HuMoCon: Concept Discovery for Human Motion Understanding
Qihang Fang, Chengcheng Tang, Bugra Tekin, Shugao Ma, Yanchao Yang
TL;DR
HuMoCon addresses the challenge of understanding human motion from both video and motion data by explicitly aligning cross-modal features and preserving high-frequency dynamics. It introduces a velocity-aware masked autoencoder with VQ-VAE codebooks to discover motion concepts, coupled with a feature alignment loss and a two-stage LM fine-tuning pipeline including modality translation and instruction tuning. The approach achieves state-of-the-art results on ActivityNet-QA and BABEL-QA, with ablations confirming the importance of velocity reconstruction and cross-modal alignment.

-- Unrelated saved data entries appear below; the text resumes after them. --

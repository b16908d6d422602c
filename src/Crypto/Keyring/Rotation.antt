-- ===== src/Crypto/Keyring/Rotation.antt =====
-- Which keys a keyring has: `NewKeyring` of internal/crypto/keyring.go.
use smtp_auth_proxy.Prelude.{
  option_cases, ◌≤◌, ◌≡◌, refl, sym, subst, ◌⊎◌, inl, inr, true, false, not, Option, none, some,
  List, ◌∷◌, ◌++◌, arith, ◌==◌, if_cases, Option-cases, length, [],
}
use smtp_auth_proxy.Strings.{
  Str, str_eq, str_eq_refl, str_eq_iff, cut, cut-append, contains_byte, contains_any,
}
use smtp_auth_proxy.Crypto.Keyring.{
  Ciphers, Outcome, KeyError, ok, err, sealed_version, dot, colon, valid_id, fields_of, Keyring,
  key, decode_key, parse_key_spec, add_keys, first_id, new_keyring,
}

pub ok_injective {ℓ} : {A : Type ℓ} {x y : A} → ok x ≡ ok y → x ≡ y
ok_injective e = cc

pub outcome_cases {ℓ} :
    {A : Type ℓ} (r : Outcome A) → ((e : KeyError) × (r ≡ err e)) ⊎ ((a : A) × (r ≡ ok a))
outcome_cases (err e) = inl (e, refl)
outcome_cases (ok a) = inr (a, refl)

no_dot : (id : Str) → contains_any id (dot ∷ colon ∷ []) ≡ false → contains_byte id dot ≡ false
unfolding contains_any contains_byte
no_dot [] h = refl
no_dot (x ∷ id) h = ground (arith, no_dot id)

valid_no_dot :
    (id : Str) → valid_id id ≡ true → (contains_byte id dot ≡ false) × ((length id == 0) ≡ false)
unfolding valid_id
valid_no_dot id h = ground (arith, no_dot id)

-- The fields of a sealed text.
pub fields_of_sealed :
    (id payload : Str)
    → valid_id id ≡ true
    → 1 ≤ length payload
    → fields_of (sealed_version ++ dot ∷ id ++ dot ∷ payload) ≡ some (id, payload)
unfolding fields_of contains_byte
fields_of_sealed id payload v p =
    let (d, l) = valid_no_dot id v in
    let e = cut-append sealed_version (id ++ dot ∷ payload) dot refl in
    let f = cut-append id payload dot d in ground (arith, str_eq_refl sealed_version)

module _ (ciphers : Ciphers) where
  abbrev Valid : Option (Str × ciphers.Aead) → Type 0
  Valid none = Unit
  Valid (some (id, _)) = valid_id id ≡ true

  parse_key_spec-Valid : (spec : Str) → Valid (parse_key_spec ciphers spec)
  unfolding parse_key_spec
  parse_key_spec-Valid spec =
      option_cases Valid (cut spec colon) (λ _. tt)
        (λ p _.
          if_cases Valid (not (valid_id p.0)) (λ _. tt)
            (λ v.
              option_cases Valid (decode_key ciphers p.1) (λ _. tt)
                (λ k _.
                  option_cases Valid (ciphers.new_gcm k) (λ _. tt) (λ _ _. ground (arith, v)))))

  parse_valid :
      (spec id : Str) (aead : ciphers.Aead)
      → parse_key_spec ciphers spec ≡ some (id, aead)
      → valid_id id ≡ true
  parse_valid spec id aead h = subst Valid h (parse_key_spec-Valid spec)

  -- What one step of the loop does.
  pub add_keys-cons :
      (spec : Str) (specs : List Str) (keys later : List (Str × ciphers.Aead))
      → add_keys ciphers (spec ∷ specs) keys ≡ ok later
      → (id : Str) × (aead : ciphers.Aead) × (parse_key_spec ciphers spec ≡ some (id, aead))
        × (key ciphers keys id ≡ none)
        × (add_keys ciphers specs (keys ++ (id, aead) ∷ []) ≡ ok later)
  unfolding add_keys
  add_keys-cons spec specs keys later h = elim (Option-cases (parse_key_spec ciphers spec)) [
    | inl e ↦ absurd (unparsed e)
    | inr ((id, aead), e) ↦ elim (Option-cases (key ciphers keys id)) [
      | inl k ↦ (id, aead, e, k, ground arith)
      | inr (other, k) ↦ absurd (twice id aead other e k)
    ]
  ]
    where
      unparsed : parse_key_spec ciphers spec ≡ none → ⊥
      unparsed e = ground arith

      twice :
          (id : Str) (aead other : ciphers.Aead)
          → parse_key_spec ciphers spec ≡ some (id, aead)
          → key ciphers keys id ≡ some other
          → ⊥
      twice id aead other e k = ground arith

  key-append :
      (keys : List (Str × ciphers.Aead)) (i id : Str) (aead : ciphers.Aead)
      → key ciphers keys id ≡ none
      → str_eq i id ≡ false
      → key ciphers (keys ++ (i, aead) ∷ []) id ≡ none
  unfolding key
  key-append [] i id aead h n = ground arith
  key-append ((j, other) ∷ keys) i id aead h n = ground (arith, key-append keys i id aead)

  -- A key in front of the others does not change what the loop adds.
  pub add_keys-front :
      (specs : List Str) (keys later later' : List (Str × ciphers.Aead)) (id : Str)
      (aead : ciphers.Aead)
      → key ciphers keys id ≡ none
      → add_keys ciphers specs keys ≡ ok later
      → add_keys ciphers specs ((id, aead) ∷ keys) ≡ ok later'
      → (later' ≡ (id, aead) ∷ later) × (key ciphers later id ≡ none)
  unfolding add_keys key
  add_keys-front [] keys later later' id aead n h h' =
      let b = ok_injective h' in (rw (← ok_injective h) (sym b), rw (← ok_injective h) n)
  add_keys-front (spec ∷ specs) keys later later' id aead n h h' =
      let (i, other, e, k, l) = add_keys-cons spec specs keys later h in
      let (i', other', e', k', l') = add_keys-cons spec specs ((id, aead) ∷ keys) later' h' in
      let q : (i, other) ≡ (i', other') = same e e' in
      let apart : str_eq id i ≡ false =
        unequal i (subst (λ p. key ciphers ((id, aead) ∷ keys) p.0 ≡ none) (sym q) k') in
      let m =
        subst (λ p. add_keys ciphers specs ((id, aead) ∷ (keys ++ p ∷ [])) ≡ ok later') (sym q)
          l' in
      add_keys-front specs (keys ++ (i, other) ∷ []) later later' id aead
        (key-append keys i id other n (flip i apart)) l m
    where
      same :
          {x y : Str × ciphers.Aead}
          → parse_key_spec ciphers spec ≡ some x
          → parse_key_spec ciphers spec ≡ some y
          → x ≡ y
      same e e' = cc

      unequal : (i : Str) → key ciphers ((id, aead) ∷ keys) i ≡ none → str_eq id i ≡ false
      unequal i k = ground arith

      flip : (i : Str) → str_eq id i ≡ false → str_eq i id ≡ false
      flip i a = ground (arith, str_eq_iff id i, str_eq_iff i id)

  pub add_keys-head :
      (specs : List Str) (keys later : List (Str × ciphers.Aead)) (k : Str × ciphers.Aead)
      → add_keys ciphers specs (k ∷ keys) ≡ ok later
      → (rest : List (Str × ciphers.Aead)) × (later ≡ k ∷ rest)
  unfolding add_keys
  add_keys-head [] keys later k h = (keys, sym (ok_injective h))
  add_keys-head (spec ∷ specs) keys later k h =
      let (i, other, e, n, l) = add_keys-cons spec specs (k ∷ keys) later h in
      add_keys-head specs (keys ++ (i, other) ∷ []) later k l

  pub new_keyring-keys :
      (specs : List Str) (kr : Keyring ciphers)
      → new_keyring ciphers specs ≡ ok kr
      → (add_keys ciphers specs [] ≡ ok kr.keys)
        × (kr.primary_id ≡ first_id ciphers kr.keys)
        × ((length specs == 0) ≡ false)
  unfolding new_keyring
  new_keyring-keys specs kr h = elim (outcome_cases (add_keys ciphers specs [])) [
    | inl (e, a) ↦ absurd (failed e a)
    | inr (keys, a) ↦ let q = made keys a in (rw (← q) a, rw (← q) refl, filled)
  ]
    where
      failed : (e : KeyError) → add_keys ciphers specs [] ≡ err e → ⊥
      failed e a = ground arith

      made :
          (keys : List (Str × ciphers.Aead))
          → add_keys ciphers specs [] ≡ ok keys
          → record { primary_id = first_id ciphers keys; keys = keys } ≡ kr
      made keys a = ground arith

      filled : (length specs == 0) ≡ false
      filled = ground arith

  -- The first key is the primary key.
  pub new_keyring-primary :
      (specs : List Str) (kr : Keyring ciphers)
      → new_keyring ciphers specs ≡ ok kr
      → (valid_id kr.primary_id ≡ true)
        × ((aead : ciphers.Aead) × (key ciphers kr.keys kr.primary_id ≡ some aead))
  unfolding key
  new_keyring-primary [] kr h = absurd (ground (arith, new_keyring-keys [] kr h))
  new_keyring-primary (spec ∷ specs) kr h =
      let (a, p, _) = new_keyring-keys (spec ∷ specs) kr h in
      let (i, other, e, n, l) = add_keys-cons spec specs [] kr.keys a in
      let (rest, q) = add_keys-head specs [] kr.keys (i, other) l in
      (rw (p, q) (parse_valid spec i other e), (other, rw (p, q, str_eq_refl i) refl))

This work advances practical human motion understanding by enabling fine-grained reasoning across modalities and providing a scalable path for LLM-based motion reasoning.
Abstract
We present HuMoCon, a novel motion-video understanding framework designed for advanced human behavior analysis. The core of our method is a human motion concept discovery framework that efficiently trains multi-modal encoders to extract semantically meaningful and generalizable features. HuMoCon addresses key challenges in motion concept discovery for understanding and reasoning, including the lack of explicit multi-modality feature alignment and the loss of high-frequency information in masked autoencoding frameworks. Our approach integrates a feature alignment strategy that leverages video for contextual understanding and motion for fine-grained interaction modeling, further with a velocity reconstruction mechanism to enhance high-frequency feature expression and mitigate temporal over-smoothing. Comprehensive experiments on standard benchmarks demonstrate that HuMoCon enables effective motion concept discovery and significantly outperforms state-of-the-art methods in training large models for human motion understanding. We will open-source the associated code with our paper.